» Problem description
Beginning at the top of the listing, repeat each line exactly until the line with "unmarshal_kind_stats = λ payload. none;" has been repeated too.

» Record set
......

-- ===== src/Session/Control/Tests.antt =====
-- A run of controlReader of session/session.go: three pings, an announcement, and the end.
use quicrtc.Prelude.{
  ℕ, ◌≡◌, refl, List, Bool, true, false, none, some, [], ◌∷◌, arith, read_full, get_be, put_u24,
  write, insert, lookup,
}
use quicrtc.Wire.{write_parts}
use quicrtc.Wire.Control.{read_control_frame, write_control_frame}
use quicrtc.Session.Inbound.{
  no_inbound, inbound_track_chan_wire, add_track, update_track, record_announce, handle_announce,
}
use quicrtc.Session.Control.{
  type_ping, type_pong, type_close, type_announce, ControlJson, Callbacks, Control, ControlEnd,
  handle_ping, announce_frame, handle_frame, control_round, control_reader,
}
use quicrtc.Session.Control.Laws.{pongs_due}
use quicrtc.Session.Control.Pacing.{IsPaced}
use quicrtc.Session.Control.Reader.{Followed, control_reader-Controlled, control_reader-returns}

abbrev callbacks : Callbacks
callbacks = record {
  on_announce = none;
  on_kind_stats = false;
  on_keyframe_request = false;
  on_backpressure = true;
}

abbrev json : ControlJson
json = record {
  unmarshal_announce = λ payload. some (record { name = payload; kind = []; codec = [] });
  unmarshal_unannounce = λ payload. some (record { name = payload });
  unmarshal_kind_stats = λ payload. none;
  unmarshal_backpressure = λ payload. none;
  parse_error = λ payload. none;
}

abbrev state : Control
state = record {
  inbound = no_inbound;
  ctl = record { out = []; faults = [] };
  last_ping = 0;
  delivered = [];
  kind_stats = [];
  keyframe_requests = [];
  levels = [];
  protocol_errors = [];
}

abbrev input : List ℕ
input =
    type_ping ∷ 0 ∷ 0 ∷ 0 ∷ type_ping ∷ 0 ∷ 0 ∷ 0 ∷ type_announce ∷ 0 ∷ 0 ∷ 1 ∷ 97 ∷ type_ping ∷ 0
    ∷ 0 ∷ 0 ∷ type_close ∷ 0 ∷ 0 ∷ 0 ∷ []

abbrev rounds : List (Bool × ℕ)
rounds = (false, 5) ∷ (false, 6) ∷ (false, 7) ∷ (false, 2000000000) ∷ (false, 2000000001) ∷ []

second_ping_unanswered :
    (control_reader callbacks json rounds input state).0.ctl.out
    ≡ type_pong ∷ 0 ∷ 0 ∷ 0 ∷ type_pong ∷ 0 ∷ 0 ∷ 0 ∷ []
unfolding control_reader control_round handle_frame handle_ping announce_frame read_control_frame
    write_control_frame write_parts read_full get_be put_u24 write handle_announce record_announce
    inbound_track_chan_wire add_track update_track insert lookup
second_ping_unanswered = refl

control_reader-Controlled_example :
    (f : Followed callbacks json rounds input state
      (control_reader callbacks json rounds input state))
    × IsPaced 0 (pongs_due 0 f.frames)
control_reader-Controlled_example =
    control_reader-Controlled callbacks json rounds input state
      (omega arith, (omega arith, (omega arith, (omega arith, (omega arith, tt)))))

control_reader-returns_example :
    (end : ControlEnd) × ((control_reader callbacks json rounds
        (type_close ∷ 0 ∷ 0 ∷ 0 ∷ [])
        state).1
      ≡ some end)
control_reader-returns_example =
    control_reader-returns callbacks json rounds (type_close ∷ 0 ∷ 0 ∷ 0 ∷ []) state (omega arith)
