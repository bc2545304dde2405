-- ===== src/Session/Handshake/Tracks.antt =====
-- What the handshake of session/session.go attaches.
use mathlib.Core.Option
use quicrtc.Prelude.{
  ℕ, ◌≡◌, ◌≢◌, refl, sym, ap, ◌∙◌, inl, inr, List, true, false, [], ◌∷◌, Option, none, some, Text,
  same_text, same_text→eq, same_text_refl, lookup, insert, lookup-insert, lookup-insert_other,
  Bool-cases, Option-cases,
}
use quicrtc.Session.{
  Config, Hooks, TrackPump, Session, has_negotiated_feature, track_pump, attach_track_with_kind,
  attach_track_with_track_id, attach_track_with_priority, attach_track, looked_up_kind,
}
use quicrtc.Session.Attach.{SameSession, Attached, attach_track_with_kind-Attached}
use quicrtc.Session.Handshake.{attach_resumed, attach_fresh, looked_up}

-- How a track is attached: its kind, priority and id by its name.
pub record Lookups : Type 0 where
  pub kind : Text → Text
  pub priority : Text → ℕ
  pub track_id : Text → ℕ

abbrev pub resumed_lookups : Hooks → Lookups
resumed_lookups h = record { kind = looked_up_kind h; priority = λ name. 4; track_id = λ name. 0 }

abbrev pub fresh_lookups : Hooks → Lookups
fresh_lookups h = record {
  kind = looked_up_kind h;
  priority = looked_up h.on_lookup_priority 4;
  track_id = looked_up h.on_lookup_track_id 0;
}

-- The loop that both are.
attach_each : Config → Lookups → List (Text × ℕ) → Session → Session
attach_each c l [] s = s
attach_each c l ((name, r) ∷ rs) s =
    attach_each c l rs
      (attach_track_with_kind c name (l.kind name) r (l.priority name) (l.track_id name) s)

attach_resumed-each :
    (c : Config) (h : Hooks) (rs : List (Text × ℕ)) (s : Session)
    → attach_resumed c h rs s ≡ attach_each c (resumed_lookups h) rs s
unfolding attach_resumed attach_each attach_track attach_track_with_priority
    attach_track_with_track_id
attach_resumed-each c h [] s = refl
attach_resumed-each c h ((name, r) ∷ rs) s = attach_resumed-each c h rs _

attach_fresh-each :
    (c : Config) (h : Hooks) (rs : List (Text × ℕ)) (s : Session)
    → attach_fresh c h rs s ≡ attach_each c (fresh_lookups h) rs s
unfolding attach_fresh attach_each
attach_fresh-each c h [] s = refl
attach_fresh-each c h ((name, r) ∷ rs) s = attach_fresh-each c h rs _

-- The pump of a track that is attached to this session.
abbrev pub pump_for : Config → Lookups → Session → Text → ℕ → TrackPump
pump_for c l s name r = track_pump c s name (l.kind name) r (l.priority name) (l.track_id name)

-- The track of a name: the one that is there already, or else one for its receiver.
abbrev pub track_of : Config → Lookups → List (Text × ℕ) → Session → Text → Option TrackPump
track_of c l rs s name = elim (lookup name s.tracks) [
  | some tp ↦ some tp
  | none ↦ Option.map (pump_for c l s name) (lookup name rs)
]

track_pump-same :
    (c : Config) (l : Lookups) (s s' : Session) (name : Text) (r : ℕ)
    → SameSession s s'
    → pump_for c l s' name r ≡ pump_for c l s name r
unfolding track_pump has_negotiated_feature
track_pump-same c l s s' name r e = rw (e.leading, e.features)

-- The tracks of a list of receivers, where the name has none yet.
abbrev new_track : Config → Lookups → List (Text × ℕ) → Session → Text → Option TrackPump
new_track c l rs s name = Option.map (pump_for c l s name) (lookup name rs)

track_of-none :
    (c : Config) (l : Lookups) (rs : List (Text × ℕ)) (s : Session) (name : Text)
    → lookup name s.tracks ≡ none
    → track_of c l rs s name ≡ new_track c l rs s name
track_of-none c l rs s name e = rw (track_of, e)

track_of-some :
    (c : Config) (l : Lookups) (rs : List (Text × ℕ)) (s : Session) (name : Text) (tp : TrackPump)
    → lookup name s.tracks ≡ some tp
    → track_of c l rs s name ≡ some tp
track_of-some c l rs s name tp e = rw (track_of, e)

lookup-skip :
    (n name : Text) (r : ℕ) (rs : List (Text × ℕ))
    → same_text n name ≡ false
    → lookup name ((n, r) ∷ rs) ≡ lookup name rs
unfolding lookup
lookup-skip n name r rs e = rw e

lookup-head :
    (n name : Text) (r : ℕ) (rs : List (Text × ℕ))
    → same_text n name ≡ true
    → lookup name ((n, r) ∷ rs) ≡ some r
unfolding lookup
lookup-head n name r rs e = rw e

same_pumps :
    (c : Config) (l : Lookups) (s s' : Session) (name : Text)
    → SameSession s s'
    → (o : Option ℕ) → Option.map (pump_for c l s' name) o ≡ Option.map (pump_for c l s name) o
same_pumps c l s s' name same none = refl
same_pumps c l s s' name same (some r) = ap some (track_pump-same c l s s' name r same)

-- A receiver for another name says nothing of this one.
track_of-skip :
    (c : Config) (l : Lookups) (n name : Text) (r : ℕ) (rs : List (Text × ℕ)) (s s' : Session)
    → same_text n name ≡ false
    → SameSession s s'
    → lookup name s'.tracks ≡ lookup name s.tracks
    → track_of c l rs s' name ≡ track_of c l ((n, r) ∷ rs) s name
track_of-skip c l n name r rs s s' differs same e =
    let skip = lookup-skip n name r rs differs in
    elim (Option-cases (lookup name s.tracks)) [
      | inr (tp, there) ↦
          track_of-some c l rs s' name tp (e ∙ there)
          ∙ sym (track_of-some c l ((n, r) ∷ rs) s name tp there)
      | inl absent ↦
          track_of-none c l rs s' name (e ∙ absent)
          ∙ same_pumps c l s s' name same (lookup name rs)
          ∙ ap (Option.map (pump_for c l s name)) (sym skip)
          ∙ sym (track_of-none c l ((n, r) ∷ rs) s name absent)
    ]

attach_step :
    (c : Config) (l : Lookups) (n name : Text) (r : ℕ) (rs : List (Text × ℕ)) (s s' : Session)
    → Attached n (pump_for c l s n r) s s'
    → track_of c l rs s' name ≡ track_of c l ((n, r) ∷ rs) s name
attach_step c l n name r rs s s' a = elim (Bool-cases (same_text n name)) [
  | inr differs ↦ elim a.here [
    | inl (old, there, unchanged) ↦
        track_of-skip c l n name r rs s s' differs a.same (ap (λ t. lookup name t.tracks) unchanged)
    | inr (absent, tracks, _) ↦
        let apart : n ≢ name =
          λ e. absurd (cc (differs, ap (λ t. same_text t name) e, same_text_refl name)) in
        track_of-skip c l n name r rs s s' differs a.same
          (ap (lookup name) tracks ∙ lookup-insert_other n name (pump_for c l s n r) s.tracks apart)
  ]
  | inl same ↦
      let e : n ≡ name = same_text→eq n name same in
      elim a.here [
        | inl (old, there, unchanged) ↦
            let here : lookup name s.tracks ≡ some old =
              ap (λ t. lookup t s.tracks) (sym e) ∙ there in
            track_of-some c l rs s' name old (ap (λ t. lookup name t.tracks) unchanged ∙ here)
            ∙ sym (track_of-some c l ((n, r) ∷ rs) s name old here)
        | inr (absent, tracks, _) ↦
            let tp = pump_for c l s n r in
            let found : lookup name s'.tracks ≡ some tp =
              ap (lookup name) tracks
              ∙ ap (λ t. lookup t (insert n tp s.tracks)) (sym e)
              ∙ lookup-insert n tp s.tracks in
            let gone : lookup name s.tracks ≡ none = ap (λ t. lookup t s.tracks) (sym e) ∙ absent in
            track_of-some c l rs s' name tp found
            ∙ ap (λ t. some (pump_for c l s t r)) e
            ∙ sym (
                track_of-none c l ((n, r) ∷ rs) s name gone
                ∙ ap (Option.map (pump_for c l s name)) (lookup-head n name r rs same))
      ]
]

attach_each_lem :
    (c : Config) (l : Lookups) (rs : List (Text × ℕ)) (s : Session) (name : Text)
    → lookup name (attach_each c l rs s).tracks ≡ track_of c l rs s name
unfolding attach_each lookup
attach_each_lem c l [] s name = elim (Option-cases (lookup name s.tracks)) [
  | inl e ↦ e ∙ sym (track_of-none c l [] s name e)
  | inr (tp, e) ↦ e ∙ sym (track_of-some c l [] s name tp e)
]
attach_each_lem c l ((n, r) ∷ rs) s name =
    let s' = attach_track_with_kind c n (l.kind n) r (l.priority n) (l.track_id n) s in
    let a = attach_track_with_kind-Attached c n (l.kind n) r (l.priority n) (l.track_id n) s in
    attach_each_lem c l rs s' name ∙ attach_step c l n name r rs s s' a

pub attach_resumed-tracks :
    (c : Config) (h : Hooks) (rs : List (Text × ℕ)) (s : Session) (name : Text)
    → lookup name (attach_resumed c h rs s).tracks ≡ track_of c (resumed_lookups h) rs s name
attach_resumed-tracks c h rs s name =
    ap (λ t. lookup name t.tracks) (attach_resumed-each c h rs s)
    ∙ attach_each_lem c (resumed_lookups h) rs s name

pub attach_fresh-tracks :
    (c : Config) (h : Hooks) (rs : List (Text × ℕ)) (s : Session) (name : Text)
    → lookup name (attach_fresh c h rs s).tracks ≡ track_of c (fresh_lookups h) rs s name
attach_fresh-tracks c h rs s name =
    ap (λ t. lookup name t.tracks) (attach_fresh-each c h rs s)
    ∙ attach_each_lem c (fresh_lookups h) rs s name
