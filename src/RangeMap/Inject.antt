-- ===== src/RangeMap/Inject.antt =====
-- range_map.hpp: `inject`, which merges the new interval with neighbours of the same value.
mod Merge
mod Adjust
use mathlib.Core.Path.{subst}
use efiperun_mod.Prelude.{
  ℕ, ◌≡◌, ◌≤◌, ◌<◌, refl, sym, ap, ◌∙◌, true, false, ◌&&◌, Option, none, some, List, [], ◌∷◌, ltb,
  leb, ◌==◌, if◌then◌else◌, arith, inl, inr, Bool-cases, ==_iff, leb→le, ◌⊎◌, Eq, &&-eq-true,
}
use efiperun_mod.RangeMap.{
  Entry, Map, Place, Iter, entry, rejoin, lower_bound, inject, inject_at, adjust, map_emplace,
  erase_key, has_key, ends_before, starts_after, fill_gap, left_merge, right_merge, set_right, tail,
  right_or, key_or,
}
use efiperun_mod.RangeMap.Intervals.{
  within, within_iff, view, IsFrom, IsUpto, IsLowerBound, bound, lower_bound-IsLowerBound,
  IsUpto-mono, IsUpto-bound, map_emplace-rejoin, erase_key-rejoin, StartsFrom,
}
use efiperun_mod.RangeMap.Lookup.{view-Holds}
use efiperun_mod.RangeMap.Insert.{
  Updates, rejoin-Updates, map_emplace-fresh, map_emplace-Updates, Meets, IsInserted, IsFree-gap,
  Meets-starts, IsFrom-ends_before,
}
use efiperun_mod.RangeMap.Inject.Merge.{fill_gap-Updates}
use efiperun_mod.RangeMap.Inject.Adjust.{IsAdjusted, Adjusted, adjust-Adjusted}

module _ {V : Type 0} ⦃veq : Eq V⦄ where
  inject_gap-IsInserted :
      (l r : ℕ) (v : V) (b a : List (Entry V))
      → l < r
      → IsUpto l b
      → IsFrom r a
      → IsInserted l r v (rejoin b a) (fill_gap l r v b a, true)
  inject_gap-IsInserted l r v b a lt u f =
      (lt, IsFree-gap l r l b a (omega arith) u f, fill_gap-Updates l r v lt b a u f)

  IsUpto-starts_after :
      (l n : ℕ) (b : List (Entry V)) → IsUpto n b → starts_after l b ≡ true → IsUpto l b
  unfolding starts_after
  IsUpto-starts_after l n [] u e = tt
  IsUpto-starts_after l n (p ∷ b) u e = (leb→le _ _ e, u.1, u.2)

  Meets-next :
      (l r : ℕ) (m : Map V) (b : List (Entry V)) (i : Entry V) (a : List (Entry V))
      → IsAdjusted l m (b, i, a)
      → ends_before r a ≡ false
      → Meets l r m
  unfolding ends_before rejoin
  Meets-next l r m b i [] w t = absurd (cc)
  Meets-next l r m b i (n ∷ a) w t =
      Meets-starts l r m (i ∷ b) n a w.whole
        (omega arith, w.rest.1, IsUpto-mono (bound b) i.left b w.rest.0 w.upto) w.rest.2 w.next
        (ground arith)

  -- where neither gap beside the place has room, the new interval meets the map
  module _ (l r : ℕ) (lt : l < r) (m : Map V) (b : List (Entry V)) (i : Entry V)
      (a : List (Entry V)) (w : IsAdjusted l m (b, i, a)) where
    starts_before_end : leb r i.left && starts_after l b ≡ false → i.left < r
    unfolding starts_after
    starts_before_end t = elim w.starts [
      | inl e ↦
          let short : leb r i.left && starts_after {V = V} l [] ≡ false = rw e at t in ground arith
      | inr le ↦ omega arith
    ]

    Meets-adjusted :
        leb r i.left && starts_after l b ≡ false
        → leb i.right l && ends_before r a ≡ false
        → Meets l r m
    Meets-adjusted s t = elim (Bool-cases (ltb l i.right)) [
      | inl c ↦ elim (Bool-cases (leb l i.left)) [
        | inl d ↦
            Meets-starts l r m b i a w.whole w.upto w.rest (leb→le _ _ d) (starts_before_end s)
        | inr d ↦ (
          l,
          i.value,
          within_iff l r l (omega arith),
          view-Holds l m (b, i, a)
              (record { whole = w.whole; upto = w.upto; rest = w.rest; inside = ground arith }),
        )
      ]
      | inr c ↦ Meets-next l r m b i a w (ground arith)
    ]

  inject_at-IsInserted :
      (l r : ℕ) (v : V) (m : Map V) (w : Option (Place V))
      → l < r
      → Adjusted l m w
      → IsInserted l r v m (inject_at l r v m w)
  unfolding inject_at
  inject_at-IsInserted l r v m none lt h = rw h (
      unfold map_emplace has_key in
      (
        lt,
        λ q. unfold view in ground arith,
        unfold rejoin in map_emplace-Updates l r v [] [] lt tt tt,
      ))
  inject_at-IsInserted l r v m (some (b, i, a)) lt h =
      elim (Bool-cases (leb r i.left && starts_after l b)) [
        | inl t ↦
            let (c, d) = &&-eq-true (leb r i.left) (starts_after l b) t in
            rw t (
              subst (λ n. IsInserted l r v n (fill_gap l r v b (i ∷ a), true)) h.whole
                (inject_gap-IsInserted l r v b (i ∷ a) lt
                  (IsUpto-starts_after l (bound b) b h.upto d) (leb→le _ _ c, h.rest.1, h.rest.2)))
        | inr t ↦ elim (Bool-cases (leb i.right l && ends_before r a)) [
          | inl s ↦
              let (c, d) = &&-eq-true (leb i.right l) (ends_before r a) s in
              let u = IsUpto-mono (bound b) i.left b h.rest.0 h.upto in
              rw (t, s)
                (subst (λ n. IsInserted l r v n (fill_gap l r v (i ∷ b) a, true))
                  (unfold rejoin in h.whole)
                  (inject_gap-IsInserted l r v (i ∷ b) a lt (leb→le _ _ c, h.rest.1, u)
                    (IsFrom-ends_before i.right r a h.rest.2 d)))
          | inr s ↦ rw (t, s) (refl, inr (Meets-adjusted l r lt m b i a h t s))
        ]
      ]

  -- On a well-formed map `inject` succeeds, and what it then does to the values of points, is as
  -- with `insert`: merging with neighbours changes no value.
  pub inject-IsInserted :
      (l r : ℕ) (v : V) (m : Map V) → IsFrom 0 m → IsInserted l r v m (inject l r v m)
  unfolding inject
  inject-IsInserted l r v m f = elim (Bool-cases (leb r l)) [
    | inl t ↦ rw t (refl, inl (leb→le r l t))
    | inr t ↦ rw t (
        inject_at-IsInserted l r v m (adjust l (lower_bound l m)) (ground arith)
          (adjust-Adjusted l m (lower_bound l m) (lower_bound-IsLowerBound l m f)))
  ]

......

» The completed task
-- ===== src/Session/Control/Tests.antt =====
-- A run of controlReader of session/session.go: three pings, an announcement, and the end.
use quicrtc.Prelude.{
  ℕ, ◌≡◌, refl, List, Bool, true, false, none, some, [], ◌∷◌, arith, read_full, get_be, put_u24,
  write, insert, lookup,
}
use quicrtc.Wire.{write_parts}
use quicrtc.Wire.Control.{read_control_frame, write_control_frame}
use quicrtc.Session.Inbound.{
  no_inbound, inbound_track_chan_wire, add_track, update_track, record_announce, handle_announce,
}
use quicrtc.Session.Control.{
  type_ping, type_pong, type_close, type_announce, ControlJson, Callbacks, Control, ControlEnd,
  handle_ping, announce_frame, handle_frame, control_round, control_reader,
}
use quicrtc.Session.Control.Laws.{pongs_due}
use quicrtc.Session.Control.Pacing.{IsPaced}
use quicrtc.Session.Control.Reader.{Followed, control_reader-Controlled, control_reader-returns}

abbrev callbacks : Callbacks
callbacks = record {
  on_announce = none;
  on_kind_stats = false;
  on_keyframe_request = false;
  on_backpressure = true;
}

abbrev json : ControlJson
json = record {
  unmarshal_announce = λ payload. some (record { name = payload; kind = []; codec = [] });
  unmarshal_unannounce = λ payload. some (record { name = payload });
  unmarshal_kind_stats = λ payload. none;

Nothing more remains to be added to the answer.